WHAT YOU ARE ASKED TO DO ▸
Each entry needs to be retyped exactly.

------ INPUT DATA ------

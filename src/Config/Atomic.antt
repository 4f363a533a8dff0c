-- ===== src/Config/Atomic.antt =====
-- A save is atomic, wherever it stops.
use ctf_proxy_utils.Common.{
  ℕ, String, ◌≡◌, refl, ◌∙◌, ◌≢◌, ◌⊎◌, inl, inr, Bool, true, false, not, ◌&&◌, Option, none, some,
  List, [], ◌∷◌, ◌++◌, str_eq, eq_iff, if◌then◌else◌, Bool-cases, take, All, All-append,
}
use ctf_proxy_utils.Config.Disk.{
  Files, put, Calls, Trace, begin_trace, next, drop_temp, rename, replace_file, fill_temp,
  write_temp, save_locked,
}

-- The file holds what it held, or the whole new content.
abbrev pub OldOrNew : String → List ℕ → Files → Files → Type 0
OldOrNew path content d x = (x path ≡ d path) ⊎ (x path ≡ some content)

-- Every state on the way has the old or the new file; the last one has the new file after a success
-- and the old one after an error; no file but it and the temporary one is touched.
pub record IsAtomic (path tmp : String) (content : List ℕ) (d : Files) (r : Trace × Bool)
    : Type 0 where
  pub on_the_way : All (OldOrNew path content d) r.0.seen
  pub at_the_end : r.0.now path ≡ (if r.1 then some content else d path)
  pub others : (q : String) → q ≢ path → q ≢ tmp → r.0.now q ≡ d q

put_ne : (p q : String) (b : Option (List ℕ)) (d : Files) → q ≢ p → put p b d q ≡ d q
put_ne p q b d h = elim (Bool-cases (str_eq q p)) [
  | inl same ↦ absurd (h ((eq_iff q p).0 same))
  | inr other ↦ simp other refl
]

put_self : (p : String) (b : Option (List ℕ)) (d : Files) → put p b d p ≡ b
put_self p b d = rw ((eq_iff p p).1 refl) refl

drop_temp-IsAtomic :
    (c : Calls) (path tmp : String) (content : List ℕ) (d : Files) (t : Trace) (ok : Bool)
    → path ≢ tmp
    → IsAtomic path tmp content d (t, ok)
    → IsAtomic path tmp content d (drop_temp c tmp t, ok)
unfolding drop_temp
drop_temp-IsAtomic c path tmp content d t ok apart h = elim (Bool-cases c.remove_ok) [
  | inr kept ↦ simp kept h
  | inl removed ↦ simp removed (record {
    on_the_way =
        All-append (OldOrNew path content d) t.seen (t.now ∷ []) h.on_the_way
          (last ok h.at_the_end, tt);
    at_the_end = put_ne tmp path none t.now apart ∙ h.at_the_end;
    others = λ q p k. put_ne tmp q none t.now k ∙ h.others q p k;
  })
]
  where
    last :
        (ok : Bool)
        → t.now path ≡ (if ok then some content else d path)
        → OldOrNew path content d t.now
    last true e = inr e
    last false e = inl e

-- The temporary file is written, and nothing else.
temp-IsAtomic :
    (path tmp : String) (content : List ℕ) (b b' : Option (List ℕ)) (d : Files)
    → path ≢ tmp
    → IsAtomic path tmp content d
        (next (put tmp b' (put tmp b d)) (next (put tmp b d) (begin_trace d)), false)
temp-IsAtomic path tmp content b b' d apart = record {
  on_the_way = (inl refl, (inl (put_ne tmp path b d apart), tt));
  at_the_end = put_ne tmp path b' (put tmp b d) apart ∙ put_ne tmp path b d apart;
  others = λ q p k. put_ne tmp q b' (put tmp b d) k ∙ put_ne tmp q b d k;
}

rename-IsAtomic :
    (path tmp : String) (content : List ℕ) (b : Option (List ℕ)) (d : Files)
    → path ≢ tmp
    → IsAtomic path tmp content d (
      next
          (rename tmp path (put tmp (some content) (put tmp b d)))
          (next (put tmp (some content) (put tmp b d)) (next (put tmp b d) (begin_trace d))),
      true,
    )
rename-IsAtomic path tmp content b d apart =
    let before = temp-IsAtomic path tmp content b (some content) d apart in
    let full = put tmp (some content) (put tmp b d) in
    record {
      on_the_way = (inl refl, (inl (put_ne tmp path b d apart), (inl before.at_the_end, tt)));
      at_the_end =
          put_ne tmp path none (put path (full tmp) full) apart
          ∙ put_self path (full tmp) full
          ∙ put_self tmp (some content) (put tmp b d);
      others = λ q p k.
          put_ne tmp q none (put path (full tmp) full) k
          ∙ put_ne path q (full tmp) full p
          ∙ before.others q p k;
    }

replace_file-IsAtomic :
    (c : Calls) (path tmp : String) (content : List ℕ) (d : Files) (fine : Bool)
    → path ≢ tmp
    → IsAtomic path tmp content d (
        replace_file c path tmp
          (next
            (put tmp (some content) (put tmp (some []) d))
            (next (put tmp (some []) d) (begin_trace d)))
          fine)
unfolding replace_file
replace_file-IsAtomic c path tmp content d true apart =
    drop_temp-IsAtomic c path tmp content d _ true apart
      (rename-IsAtomic path tmp content (some []) d apart)
replace_file-IsAtomic c path tmp content d false apart =
    drop_temp-IsAtomic c path tmp content d _ false apart
      (temp-IsAtomic path tmp content (some []) (some content) d apart)

fill_temp-IsAtomic :
    (c : Calls) (path tmp : String) (content : List ℕ) (d : Files) (written : Option ℕ)
    → path ≢ tmp
    → IsAtomic path tmp content d
        (fill_temp c path tmp content (next (put tmp (some []) d) (begin_trace d)) written)
unfolding fill_temp
fill_temp-IsAtomic c path tmp content d (some n) apart =
    drop_temp-IsAtomic c path tmp content d _ false apart
      (temp-IsAtomic path tmp content (some []) (some (take n content)) d apart)
fill_temp-IsAtomic c path tmp content d none apart =
    replace_file-IsAtomic c path tmp content d
      (c.chmod_ok && c.sync_ok && c.close_ok && c.rename_ok) apart

write_temp-IsAtomic :
    (c : Calls) (path tmp : String) (content : List ℕ) (d : Files)
    → path ≢ tmp
    → IsAtomic path tmp content d (write_temp c path tmp content d)
unfolding write_temp
write_temp-IsAtomic c path tmp content d apart =
    fill_temp-IsAtomic c path tmp content d c.written apart

nothing-IsAtomic :
    (path tmp : String) (content : List ℕ) (d : Files)
    → IsAtomic path tmp content d (begin_trace d, false)
nothing-IsAtomic path tmp content d = record {
  on_the_way = tt;
  at_the_end = refl;
  others = λ q p k. refl;
}

-- A save to a file, with the temporary file under another name, never leaves half a file: in every
-- state that the disk goes through the file has its old content or the whole new one. When it
-- succeeds the file has the new content, after an error the old one, and no other file is touched but
-- the temporary one.
pub save_locked-IsAtomic :
    (c : Calls) (path tmp : String) (content : List ℕ) (d : Files)
    → path ≢ ""
    → path ≢ tmp
    → c.temp ≡ some tmp
    → c.encoded ≡ some content
    → IsAtomic path tmp (content ++ 10 ∷ []) d (save_locked c path d)
unfolding save_locked
save_locked-IsAtomic c path tmp content d named apart temp encoded =
    elim (Bool-cases (str_eq path "")) [
      | inl unnamed ↦ absurd (named ((eq_iff path "").0 unnamed))
      | inr has_name ↦ elim (Bool-cases (not c.mkdir_ok)) [
        | inl refused ↦
            simp (has_name, encoded, refused) (nothing-IsAtomic path tmp (content ++ 10 ∷ []) d)
        | inr there ↦
            simp (has_name, encoded, there, temp)
              (write_temp-IsAtomic c path tmp (content ++ 10 ∷ []) d apart)
      ]
    ]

------

EXPECTED ANSWER ▸
filename src/Config/Atomic.antt
repository 4f363a533a8dff0c
-- ===== src/Config/Atomic.antt =====
-- A save is atomic, wherever it stops.
use ctf_proxy_utils.Common.{
  ℕ, String, ◌≡◌, refl, ◌∙◌, ◌≢◌, ◌⊎◌, inl, inr, Bool, true, false, not, ◌&&◌, Option, none, some,
  List, [], ◌∷◌, ◌++◌, str_eq, eq_iff, if◌then◌else◌, Bool-cases, take, All, All-append,
}
use ctf_proxy_utils.Config.Disk.{
  Files, put, Calls, Trace, begin_trace, next, drop_temp, rename, replace_file, fill_temp,
  write_temp, save_locked,
}

-- The file holds what it held, or the whole new content.
abbrev pub OldOrNew : String → List ℕ → Files → Files → Type 0
OldOrNew path content d x = (x path ≡ d path) ⊎ (x path ≡ some content)

-- Every state on the way has the old or the new file; the last one has the new file after a success
-- and the old one after an error; no file but it and the temporary one is touched.
pub record IsAtomic (path tmp : String) (content : List ℕ) (d : Files) (r : Trace × Bool)
    : Type 0 where
  pub on_the_way : All (OldOrNew path content d) r.0.seen
  pub at_the_end : r.0.now path ≡ (if r.1 then some content else d path)
  pub others : (q : String) → q ≢ path → q ≢ tmp → r.0.now q ≡ d q

put_ne : (p q : String) (b : Option (List ℕ)) (d : Files) → q ≢ p → put p b d q ≡ d q
put_ne p q b d h = elim (Bool-cases (str_eq q p)) [
  | inl same ↦ absurd (h ((eq_iff q p).0 same))
  | inr other ↦ simp other refl
]

put_self : (p : String) (b : Option (List ℕ)) (d : Files) → put p b d p ≡ b
put_self p b d = rw ((eq_iff p p).1 refl) refl

drop_temp-IsAtomic :
    (c : Calls) (path tmp : String) (content : List ℕ) (d : Files) (t : Trace) (ok : Bool)
    → path ≢ tmp
    → IsAtomic path tmp content d (t, ok)
    → IsAtomic path tmp content d (drop_temp c tmp t, ok)
unfolding drop_temp
drop_temp-IsAtomic c path tmp content d t ok apart h = elim (Bool-cases c.remove_ok) [
  | inr kept ↦ simp kept h
  | inl removed ↦ simp removed (record {
    on_the_way =
        All-append (OldOrNew path content d) t.seen (t.now ∷ []) h.on_the_way
          (last ok h.at_the_end, tt);
    at_the_end = put_ne tmp path none t.now apart ∙ h.at_the_end;
    others = λ q p k. put_ne tmp q none t.now k ∙ h.others q p k;
  })
]
  where
    last :
        (ok : Bool)
        → t.now path ≡ (if ok then some content else d path)
        → OldOrNew path content d t.now
    last true e = inr e
    last false e = inl e

-- The temporary file is written, and nothing else.
temp-IsAtomic :
    (path tmp : String) (content : List ℕ) (b b' : Option (List ℕ)) (d : Files)
    → path ≢ tmp
    → IsAtomic path tmp content d
        (next (put tmp b' (put tmp b d)) (next (put tmp b d) (begin_trace d)), false)
temp-IsAtomic path tmp content b b' d apart = record {
  on_the_way = (inl refl, (inl (put_ne tmp path b d apart), tt));
  at_the_end = put_ne tmp path b' (put tmp b d) apart ∙ put_ne tmp path b d apart;
  others = λ q p k. put_ne tmp q b' (put tmp b d) k ∙ put_ne tmp q b d k;
}

rename-IsAtomic :
    (path tmp : String) (content : List ℕ) (b : Option (List ℕ)) (d : Files)
    → path ≢ tmp
    → IsAtomic path tmp content d (
      next
          (rename tmp path (put tmp (some content) (put tmp b d)))
          (next (put tmp (some content) (put tmp b d)) (next (put tmp b d) (begin_trace d))),
      true,
    )
rename-IsAtomic path tmp content b d apart =
    let before = temp-IsAtomic path tmp content b (some content) d apart in
    let full = put tmp (some content) (put tmp b d) in
    record {
      on_the_way = (inl refl, (inl (put_ne tmp path b d apart), (inl before.at_the_end, tt)));
      at_the_end =
          put_ne tmp path none (put path (full tmp) full) apart
          ∙ put_self path (full tmp) full
          ∙ put_self tmp (some content) (put tmp b d);
      others = λ q p k.
          put_ne tmp q none (put path (full tmp) full) k
          ∙ put_ne path q (full tmp) full p
          ∙ before.others q p k;
    }

replace_file-IsAtomic :
    (c : Calls) (path tmp : String) (content : List ℕ) (d : Files) (fine : Bool)
    → path ≢ tmp
    → IsAtomic path tmp content d (
        replace_file c path tmp
          (next
            (put tmp (some content) (put tmp (some []) d))
            (next (put tmp (some []) d) (begin_trace d)))
          fine)
unfolding replace_file
replace_file-IsAtomic c path tmp content d true apart =
    drop_temp-IsAtomic c path tmp content d _ true apart
      (rename-IsAtomic path tmp content (some []) d apart)
replace_file-IsAtomic c path tmp content d false apart =
    drop_temp-IsAtomic c path tmp content d _ false apart
      (temp-IsAtomic path tmp content (some []) (some content) d apart)

fill_temp-IsAtomic :
    (c : Calls) (path tmp : String) (content : List ℕ) (d : Files) (written : Option ℕ)
    → path ≢ tmp
    → IsAtomic path tmp content d
        (fill_temp c path tmp content (next (put tmp (some []) d) (begin_trace d)) written)
unfolding fill_temp
fill_temp-IsAtomic c path tmp content d (some n) apart =
    drop_temp-IsAtomic c path tmp content d _ false apart
      (temp-IsAtomic path tmp content (some []) (some (take n content)) d apart)
fill_temp-IsAtomic c path tmp content d none apart =
    replace_file-IsAtomic c path tmp content d
      (c.chmod_ok && c.sync_ok && c.close_ok && c.rename_ok) apart

write_temp-IsAtomic :
    (c : Calls) (path tmp : String) (content : List ℕ) (d : Files)
    → path ≢ tmp
    → IsAtomic path tmp content d (write_temp c path tmp content d)
unfolding write_temp
write_temp-IsAtomic c path tmp content d apart =
    fill_temp-IsAtomic c path tmp content d c.written apart

nothing-IsAtomic :
    (path tmp : String) (content : List ℕ) (d : Files)
    → IsAtomic path tmp content d (begin_trace d, false)
nothing-IsAtomic path tmp content d = record {
  on_the_way = tt;
  at_the_end = refl;
  others = λ q p k. refl;
}

-- A save to a file, with the temporary file under another name, never leaves half a file: in every
-- state that the disk goes through the file has its old content or the whole new one. When it
-- succeeds the file has the new content, after an error the old one, and no other file is touched but
-- the temporary one.
pub save_locked-IsAtomic :
    (c : Calls) (path tmp : String) (content : List ℕ) (d : Files)
    → path ≢ ""
    → path ≢ tmp
    → c.temp ≡ some tmp
    → c.encoded ≡ some content
    → IsAtomic path tmp (content ++ 10 ∷ []) d (save_locked c path d)
unfolding save_locked
save_locked-IsAtomic c path tmp content d named apart temp encoded =
    elim (Bool-cases (str_eq path "")) [
      | inl unnamed ↦ absurd (named ((eq_iff path "").0 unnamed))
      | inr has_name ↦ elim (Bool-cases (not c.mkdir_ok)) [
        | inl refused ↦
            simp (has_name, encoded, refused) (nothing-IsAtomic path tmp (content ++ 10 ∷ []) d)
        | inr there ↦
            simp (has_name, encoded, there, temp)
              (write_temp-IsAtomic c path tmp (content ++ 10 ∷ []) d apart)
      ]
    ]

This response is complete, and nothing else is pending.